Breaking the Taboo of Addiction in Jewish Communities

A Chabad Shliach, who is the head of religious services at a Kosher rehab facility, is joining in to help break the taboo of substance abuse within the orthodox Jewish communities. “When the number of addiction cases are increasing then we are at crises levels,” he said in an interview to Fox News, which doing a feature on a “kosher” addiction recovery center in New Jersey.

by Fox5NY

Esti Cohen was only 14 when she first started using drugs.

“I’ve used Xanax, Klonopin, molly, ecstasy, fentanyl, oxycodone,” she said, listing off the names of drugs.

It started, she said, because of bullying.

“I didn’t know how to deal with it,” she said. “I had a lot of depression and anxiety, so I decided to try weed and opiates and Xanax and all of that type of stuff.”

In the Orthodox Jewish community of Lakewood, New Jersey, where Cohen grew up, she said it wasn’t difficult to get her hands on pills.

“I went out and asked my friends, ‘Do you know any meds that can help with my anxiety?'” she said. “And they were like, ‘Here, try it.'”

Cohen comes from a strict religious upbringing. When she was 16, her parents gave her an ultimatum. “They told me, ‘You could get clean, we will help you, or you can get out,’ and I told them I wasn’t ready, so they were like, ‘OK you can go.'”

It took another two years and seeing a close friend’s mother overdose on opioids before Cohen decided she needed to get help.

“Knowing that my family could find me dead in my room did not sit well with me, it put something in my heart that just dropped, and I was like, ‘I need to get help,'” she said.

What her family found was Behavioral Crossroads Recovery in Turnersville, New Jersey, which bills itself as the only in-patient “kosher rehab” in the Northeast.

“We cater to the needs of the religious community, the Jewish religious community,” said Deena Lefkovitz, the clinical supervisor at Behavioral Crossroads. “We have Jewish clinicians on staff, we have a rabbi on staff, and we’re kosher so we understand the needs of the community.”

In addition to serving kosher, home-cooked meals, men and women are housed separately and the program makes special accommodations for anyone who wants to observe Shabbat.

Rabbi Avi Richler, head of religious services at the center, said a common misconception in the Orthodox Jewish community is that going to rehab means compromising one’s religious beliefs. He wants to dispel that misconception. He also said that talking about addiction is stigmatized.

“It’s kept under wraps in the Jewish community, specifically in the Orthodox community,” he said. “We have a concept, for better or worse, that the community hides the fact, is afraid to talk about addiction.”

Whether or not people in this community want to talk about addiction, it is a serious issue. Fox 5 first highlighted the toll opioids are taking on the Orthodox Jewish community in 2017.

Richler said the problem remains at crisis level.

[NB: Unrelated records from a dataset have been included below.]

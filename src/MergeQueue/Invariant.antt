-- ===== src/MergeQueue/Invariant.antt =====
-- The invariant of the merge queue, and what keeps it.
use open_tiger.Prelude.{
  Bool-cases, any, All, ℕ, ◌≤◌, ◌<◌, ◌≡◌, refl, ◌≢◌, inl, inr, Bool, true, false, ◌&&◌, none, List,
  [], ◌∷◌, ◌++◌, arith,
}
use open_tiger.Store.{update_where}
use open_tiger.MergeQueue.Rows.{
  MergeQueueStatus, pending, processing, Row, MergeDb, is_active, MergeConfig, resolve_max_attempts,
}
use open_tiger.MergeQueue.Enqueue.{active_for, has_key}

-- A row in process is claimed, with an owner, a token and an expiry; any other row is not.
abbrev pub ClaimOk : MergeQueueStatus → Row → Type 0
ClaimOk processing r = (r.claim_owner ≢ none) × (r.claim_token ≢ none) × (r.claim_expires_at ≢ none)
ClaimOk _ r = (r.claim_owner ≡ none) × (r.claim_token ≡ none) × (r.claim_expires_at ≡ none)

-- Of n attempts, a row that may still be merged has one left, and no row has used more.
abbrev pub AttemptsOk : ℕ → MergeQueueStatus → ℕ → Type 0
AttemptsOk n pending attempt_count = attempt_count < n
AttemptsOk n processing attempt_count = attempt_count < n
AttemptsOk n _ attempt_count = attempt_count ≤ n

pub record RowOk (n : ℕ) (r : Row) : Type 0 where
  pub claim_ok : ClaimOk r.status r
  pub attempts_ok : AttemptsOk n r.status r.attempt_count
  pub same_max : r.max_attempts ≡ n

-- At most one pending or processing row for each pull request.
abbrev pub OneActive : List Row → Type 0
OneActive [] = Unit {0}
OneActive (r ∷ rs) =
    ((is_active r.status && any (active_for r.pr_number) rs) ≡ false) × OneActive rs

-- No two rows share an id.
abbrev pub UniqueKeys : List Row → Type 0
UniqueKeys [] = Unit {0}
UniqueKeys (r ∷ rs) = (any (has_key r.id) rs ≡ false) × UniqueKeys rs

pub record IsConsistent (c : MergeConfig) (db : MergeDb) : Type 0 where
  pub rows_ok : All (RowOk (resolve_max_attempts c)) db.rows
  pub one_active : OneActive db.rows
  pub unique_keys : UniqueKeys db.rows

pub All-update :
    (n : ℕ) (q : Row → Bool) (f : Row → Row) (rs : List Row)
    → ((r : Row) → q r ≡ true → RowOk n r → RowOk n (f r))
    → All (RowOk n) rs
    → All (RowOk n) (update_where q f rs)
All-update n q f [] keep h = tt
All-update n q f (r ∷ rs) keep h =
    let rest = All-update n q f rs keep h.1 in
    elim (Bool-cases (q r)) [ inl e ↦ rw e (keep r e h.0, rest) | inr e ↦ rw e (h.0, rest) ]

no_key-update :
    (q : Row → Bool) (f : Row → Row)
    → ((r : Row) → (f r).id ≡ r.id)
    → (id : ℕ) (rs : List Row) → any (has_key id) rs ≡ false
    → any (has_key id) (update_where q f rs) ≡ false
no_key-update q f same id [] h = refl
no_key-update q f same id (r ∷ rs) h =
    let rest = no_key-update q f same id rs (ground arith) in
    elim (Bool-cases (q r)) [
      | inl e ↦ rw (e, same r) (ground (arith, rest))
      | inr e ↦ rw e (ground (arith, rest))
    ]

pub UniqueKeys-update :
    (q : Row → Bool) (f : Row → Row)
    → ((r : Row) → (f r).id ≡ r.id)
    → (rs : List Row) → UniqueKeys rs
    → UniqueKeys (update_where q f rs)
UniqueKeys-update q f same [] h = tt
UniqueKeys-update q f same (r ∷ rs) h =
    let rest = UniqueKeys-update q f same rs h.1 in
    let none_later = no_key-update q f same r.id rs h.0 in
    elim (Bool-cases (q r)) [
      | inl e ↦ rw (e, same r) (none_later, rest)
      | inr e ↦ rw e (none_later, rest)
    ]

still_single :
    (a a' : Bool) {b b' : Bool}
    → (a && b) ≡ false
    → (b ≡ false → b' ≡ false)
    → (a' ≡ true → a ≡ true)
    → (a' && b') ≡ false
still_single a false h later was = refl
still_single true true h later was = later h
still_single false true h later was = cc (was refl)

-- An update that keeps ids and pull requests and makes no row active that was not.
pub record Calm (q : Row → Bool) (f : Row → Row) : Type 0 where
  pub same_id : (r : Row) → (f r).id ≡ r.id
  pub same_pr : (r : Row) → (f r).pr_number ≡ r.pr_number
  pub was_active : (r : Row) → q r ≡ true → is_active r.status ≡ true

module _ (q : Row → Bool) (f : Row → Row) (calm : Calm q f) where
  any-update :
      (pr : ℕ) (rs : List Row)
      → any (active_for pr) rs ≡ false
      → any (active_for pr) (update_where q f rs) ≡ false
  any-update pr [] h = refl
  any-update pr (r ∷ rs) h =
      let rest = any-update pr rs (ground arith) in
      elim (Bool-cases (q r)) [
        | inl e ↦ rw (e, calm.same_pr r) (ground (arith, calm.was_active r e, rest))
        | inr e ↦ rw e (ground (arith, rest))
      ]

  pub OneActive-update : (rs : List Row) → OneActive rs → OneActive (update_where q f rs)
  OneActive-update [] h = tt
  OneActive-update (r ∷ rs) h =
      let rest = OneActive-update rs h.1 in
      let none_later = any-update r.pr_number rs in
      elim (Bool-cases (q r)) [
        | inl e ↦
            rw (e, calm.same_pr r)
              (
                still_single (is_active r.status) (is_active (f r).status) h.0 none_later
                    (λ active. calm.was_active r e),
                rest,
              )
        | inr e ↦ rw e (
          still_single (is_active r.status) (is_active r.status) h.0 none_later (λ active. active),
          rest,
        )
      ]

any-snoc :
    (pr : ℕ) (rs : List Row) (r : Row)
    → any (active_for pr) rs ≡ false
    → active_for pr r ≡ false
    → any (active_for pr) (rs ++ r ∷ []) ≡ false
any-snoc pr [] r h e = ground arith
any-snoc pr (x ∷ rs) r h e = ground (arith, any-snoc pr rs r)

pub OneActive-snoc :
    (rs : List Row) (r : Row)
    → OneActive rs
    → any (active_for r.pr_number) rs ≡ false
    → OneActive (rs ++ r ∷ [])
OneActive-snoc [] r h e = (ground arith, tt)
OneActive-snoc (x ∷ rs) r h e = (
  elim (Bool-cases (is_active x.status)) [
    | inl a ↦ let apart = any-snoc x.pr_number rs r (ground arith) (ground arith) in ground arith
    | inr a ↦ ground arith
  ],
  OneActive-snoc rs r h.1 (ground arith),
)

no_key-snoc :
    (id : ℕ) (rs : List Row) (r : Row)
    → any (has_key id) rs ≡ false
    → has_key id r ≡ false
    → any (has_key id) (rs ++ r ∷ []) ≡ false
no_key-snoc id [] r h e = ground arith
no_key-snoc id (x ∷ rs) r h e = ground (arith, no_key-snoc id rs r)

pub UniqueKeys-snoc :
    (rs : List Row) (r : Row)
    → UniqueKeys rs
    → any (has_key r.id) rs ≡ false
    → UniqueKeys (rs ++ r ∷ [])
UniqueKeys-snoc [] r h e = (refl, tt)
UniqueKeys-snoc (x ∷ rs) r h e = (
  let apart = no_key-snoc x.id rs r h.0 (ground arith) in apart,
  UniqueKeys-snoc rs r h.1 (ground arith),
)

pub All-snoc :
    (n : ℕ) (rs : List Row) (r : Row) → All (RowOk n) rs → RowOk n r → All (RowOk n) (rs ++ r ∷ [])
All-snoc n [] r h e = (e, tt)
All-snoc n (x ∷ rs) r h e = (h.0, All-snoc n rs r h.1 e)
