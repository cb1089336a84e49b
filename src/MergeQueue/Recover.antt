-- ===== src/MergeQueue/Recover.antt =====
-- recoverExpiredClaims: the update by id is the update of the expired rows.
use open_tiger.Prelude.{
  ◌==◌, if◌then◌else◌, ==→eq, Bool-cases, &&_parts, filterb, any, count_if, Within, here, there,
  All, List-cases, ne-nil→is_empty, ℕ, ◌≤◌, ◌≡◌, refl, sym, subst, ◌≢◌, inl, inr, Bool, true, false,
  Option, none, List, [], ◌∷◌, arith,
}
use open_tiger.Store.{update_where}
use open_tiger.MergeQueue.Rows.{pending, Row, MergeDb, MergeConfig}
use open_tiger.MergeQueue.Enqueue.{active_for, has_key}
use open_tiger.MergeQueue.Claims.{
  claim_expired, back_to_pending, id_in, reactivates, recovered_rows, recover_expired_claims,
}
use open_tiger.MergeQueue.Invariant.{OneActive, UniqueKeys}

module _ (q : Row → Bool) where
  id_in-none :
      (id : ℕ) (rs : List Row) → any (has_key id) rs ≡ false → id_in (filterb q rs) id ≡ false
  id_in-none id [] h = refl
  id_in-none id (r ∷ rs) h =
      let rest = id_in-none id rs (ground arith) in
      elim (Bool-cases (q r)) [ inl e ↦ rw e (ground (arith, rest)) | inr e ↦ rw e rest ]

  abbrev Picked : List Row → Row → Type 0
  Picked rs r = id_in (filterb q rs) r.id ≡ q r

  later-Picked :
      (x : Row) (rs later : List Row)
      → any (has_key x.id) later ≡ false
      → All (Picked rs) later
      → All (Picked (x ∷ rs)) later
  later-Picked x rs [] h ok = tt
  later-Picked x rs (r ∷ later) h ok = (
    elim (Bool-cases (q x)) [ inl e ↦ rw e (ground (arith, ok.0)) | inr e ↦ rw e (ok.0) ],
    later-Picked x rs later (ground arith) ok.1,
  )

  All-Picked : (rs : List Row) → UniqueKeys rs → All (Picked rs) rs
  All-Picked [] h = tt
  All-Picked (r ∷ rs) h = (
    elim (Bool-cases (q r)) [ inl e ↦ rw e (ground arith) | inr e ↦ rw e (id_in-none r.id rs h.0) ],
    later-Picked r rs rs h.0 (All-Picked rs h.1),
  )

update-congr :
    (p q : Row → Bool) (f : Row → Row) (rs : List Row)
    → All (λ r. p r ≡ q r) rs
    → update_where p f rs ≡ update_where q f rs
update-congr p q f [] h = refl
update-congr p q f (r ∷ rs) h = let rest = update-congr p q f rs h.1 in rw (h.0, rest) refl

update-filterb :
    (q : Row → Bool) (f : Row → Row) (rs : List Row)
    → UniqueKeys rs
    → update_where (λ r. id_in (filterb q rs) r.id) f rs ≡ update_where q f rs
update-filterb q f rs h = update-congr (λ r. id_in (filterb q rs) r.id) q f rs (All-Picked q rs h)

update-none :
    (q : Row → Bool) (f : Row → Row) (rs : List Row) → filterb q rs ≡ [] → update_where q f rs ≡ rs
update-none q f [] h = refl
update-none q f (r ∷ rs) h = elim (Bool-cases (q r)) [
  | inl e ↦ cc (subst (λ b. (if b then r ∷ filterb q rs else filterb q rs) ≡ []) e h)
  | inr e ↦
      let rest =
        update-none q f rs (subst (λ b. (if b then r ∷ filterb q rs else filterb q rs) ≡ []) e h) in
      rw (e, rest) refl
]

-- A row whose claim has expired is active already, so nothing is made active again.
none_reactivated :
    (now : ℕ) (expired rows' rs : List Row)
    → All (λ r. id_in expired r.id ≡ claim_expired now r) rs
    → any (reactivates expired rows') rs ≡ false
none_reactivated now expired rows' [] h = refl
none_reactivated now expired rows' (r ∷ rs) h =
    let rest = none_reactivated now expired rows' rs h.1 in
    let off : reactivates expired rows' r ≡ false = ground (arith, h.0) in rw (off, rest) refl

pub recover-rows :
    (c : MergeConfig) (now : ℕ) (db : MergeDb)
    → UniqueKeys db.rows
    → (recover_expired_claims c now (λ d. d) db).0.rows
      ≡ update_where (claim_expired now) (back_to_pending c now) db.rows
unfolding recover_expired_claims
recover-rows c now db h =
    let expired = filterb (claim_expired now) db.rows in
    elim (List-cases expired) [
      | inl e ↦ rw e (sym (update-none (claim_expired now) (back_to_pending c now) db.rows e))
      | inr e ↦
          rw
            (
              ne-nil→is_empty expired e,
              none_reactivated now expired (recovered_rows c now expired db.rows) db.rows
                  (All-Picked (claim_expired now) db.rows h),
            )
            (update-filterb (claim_expired now) (back_to_pending c now) db.rows h)
    ]

pub update_absent :
    (q : Row → Bool) (f : Row → Row) (rs : List Row) → any q rs ≡ false → update_where q f rs ≡ rs
update_absent q f [] h = refl
update_absent q f (r ∷ rs) h =
    let rest = update_absent q f rs (ground arith) in
    let off : q r ≡ false = ground arith in rw (off, rest) refl

pub any-key : (b : Row) (rs : List Row) → Within b rs → any (has_key b.id) rs ≡ true
any-key b [] w = elim w [ ]
any-key b (r ∷ rs) here = ground arith
any-key b (r ∷ rs) (there w) = ground (arith, any-key b rs w)

pub key-apart :
    (b r : Row) (rs : List Row)
    → any (has_key r.id) rs ≡ false
    → Within b rs
    → (r.id == b.id) ≡ false
key-apart b r rs h w = elim (Bool-cases (r.id == b.id)) [
  | inl e ↦
      let found =
        subst (λ i. any (has_key i) rs ≡ true) (sym (==→eq r.id b.id e)) (any-key b rs w) in
      cc (found, h)
  | inr e ↦ e
]

id_in-Within :
    (q : Row → Bool) (r : Row) (rs : List Row)
    → Within r rs
    → q r ≡ true
    → id_in (filterb q rs) r.id ≡ true
id_in-Within q r [] w e = elim w [ ]
id_in-Within q r (x ∷ rs) here e = rw e (ground arith)
id_in-Within q r (x ∷ rs) (there w) e =
    let later = id_in-Within q r rs w e in
    elim (Bool-cases (q x)) [ inl f ↦ rw f (ground (arith, later)) | inr f ↦ rw f later ]

-- Every row with the id is pending and unclaimed.
abbrev pub PendingWith : ℕ → List Row → Type 0
PendingWith id rs =
    All (λ x. has_key id x ≡ true → (x.status ≡ pending) × (x.claim_token ≡ none)) rs

update-PendingWith :
    (c : MergeConfig) (now id : ℕ) (expired rs : List Row)
    → id_in expired id ≡ true
    → PendingWith id (update_where (λ x. id_in expired x.id) (back_to_pending c now) rs)
update-PendingWith c now id expired [] h = tt
update-PendingWith c now id expired (x ∷ rs) h =
    let rest = update-PendingWith c now id expired rs h in
    elim (Bool-cases (id_in expired x.id)) [
      | inl e ↦ rw e (λ k. (refl, refl), rest)
      | inr e ↦
          rw e (λ k. cc (e, subst (λ i. id_in expired i ≡ true) (sym (==→eq x.id id k)) h), rest)
    ]

filterb-ne-nil :
    (q : Row → Bool) (r : Row) (rs : List Row) → Within r rs → q r ≡ true → filterb q rs ≢ []
filterb-ne-nil q r rs w e none_left =
    cc (subst (λ xs. id_in xs r.id ≡ true) none_left (id_in-Within q r rs w e))

none_active :
    (pr : ℕ) (rs : List Row) → any (active_for pr) rs ≡ false → count_if (active_for pr) rs ≡ 0
none_active pr [] h = refl
none_active pr (r ∷ rs) h = ground (arith, none_active pr rs)

OneActive-count : (pr : ℕ) (rs : List Row) → OneActive rs → count_if (active_for pr) rs ≤ 1
OneActive-count pr [] h = omega arith
OneActive-count pr (r ∷ rs) h = elim (Bool-cases (active_for pr r)) [
  | inl e ↦
      let (same, active) = &&_parts _ _ e in
      let alone : any (active_for pr) rs ≡ false =
        subst (λ n. any (active_for n) rs ≡ false) (==→eq r.pr_number pr same)
          (let both = h.0 in ground arith) in
      rw e (omega (arith, none_active pr rs alone))
  | inr e ↦ rw e (omega (arith, OneActive-count pr rs h.1))
]

not_reactivated :
    (expired rows' rs : List Row) → OneActive rows' → any (reactivates expired rows') rs ≡ false
not_reactivated expired rows' [] h = refl
not_reactivated expired rows' (r ∷ rs) h =
    let rest = not_reactivated expired rows' rs h in
    let few = OneActive-count r.pr_number rows' h in
    let off : reactivates expired rows' r ≡ false = ground (arith, few) in rw (off, rest) refl

-- What recovery leaves, of the rows `rows'` that it means to write.
pub record RecoverOutcome (id : ℕ) (rows' : List Row) (others : MergeDb)
    (result : MergeDb × Option ℕ) : Type 0 where
  pub written : result.1 ≢ none → PendingWith id result.0.rows
  pub failed : result.1 ≡ none → result.0 ≡ others
  pub works : OneActive rows' → result.1 ≢ none

-- Recovery does not look again before it writes. Take a row whose claim had expired when it read.
-- Where the call returns, the row is pending and unclaimed afterwards, whatever others wrote in
-- between, even if that was the row's merge or its failure, or a new claim. Where it throws, the
-- tables are as the others left them. It returns whenever the rows that it means to write, those
-- of the others with each expired one made pending, have no pull request with two active rows.
pub recover_overwrites :
    (c : MergeConfig) (now : ℕ) (between : MergeDb → MergeDb) (db : MergeDb) (r : Row)
    → Within r db.rows
    → claim_expired now r ≡ true
    → RecoverOutcome r.id
        (recovered_rows c now (filterb (claim_expired now) db.rows) (between db).rows)
        (between db)
        (recover_expired_claims c now between db)
unfolding recover_expired_claims
recover_overwrites c now between db r w e =
    let expired = filterb (claim_expired now) db.rows in
    let rows' = recovered_rows c now expired (between db).rows in
    let some_expired = ne-nil→is_empty expired (filterb-ne-nil (claim_expired now) r db.rows w e) in
    elim (Bool-cases (any (reactivates expired rows') (between db).rows)) [
      | inl clash ↦
          rw (some_expired, clash)
            (record {
              written = λ returned. absurd (returned refl);
              failed = λ threw. refl;
              works = λ one. cc (clash, not_reactivated expired rows' (between db).rows one);
            })
      | inr fits ↦
          rw (some_expired, fits)
            (record {
              written = λ returned.
                  update-PendingWith c now r.id expired (between db).rows
                    (id_in-Within (claim_expired now) r db.rows w e);
              failed = λ threw. cc threw;
              works = λ one threw. cc threw;
            })
    ]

“The definition of a crisis is something getting worse, not better, and all we’ve seen is it getting worse and worse, more and more deaths,” he said. “So until we can reverse the trend where the numbers are shrinking, we’re going to remain in a crisis in our community.”

Acknowledging the problem is the first step, finding help is the next, and sometimes stigma even surrounds that.

“The door to mental health opened up a few years ago in the Jewish community and I would say with addiction, we’re still dealing with a window,” Lefkovitz said. “The window is open, people are willing to hear, but they’re still keeping it very quiet.”

Lefkovitz said about 90 percent of current clients at Behavioral Crossroads Recovery come from an Orthodox background and can sometimes be sheltered from the outside world.

She said the thought is: “‘It’s bad enough my kid is doing drugs, it’s bad enough my spouse is doing drugs, now I’m exposing them to all elements of the world.’ So we try to curb that environment as much as we can and give them an environment that they’re used to, that they’re comfortable with.”

But addiction experts said that a kosher rehab is not necessarily more effective than other programs and can also be very costly. Behavioral Crossroads is “out of network” and doesn’t take insurance. Lefkovitz said some insurance companies will make exceptions because the center is one of the very few places to make kosher accommodations.

Richler said his goal is to get help to the growing number of people struggling with addiction, whether it is at Behavioral Crossroads or at another facility.

“I’m not here from a business angle, I’m here because I genuinely want to help people get better,” he said. “We’re talking about human lives and every life is worth saving. He who saves one life, it’s like he saves an entire universe.”

Substance Abuse and Mental Health Services Administration

National helpline 800-662-HELP (4357)

3 Comments

  • Anonymous

    The key to help is acknowledging you need it, wanting to receive it, and working together with those giving it.

    Why is it that rehabs and most mental health facilities don’t take insurance? Unfortunately most people requiring these services don’t have the financial resources to get the help they need.

  • Anonymous

    Well it isn’t just the rehab’s issue-–I think a lot of the onus is on the insurance companies, who won’t pay for behavioral health services unless someone reaches unreasonable clinical thresholds.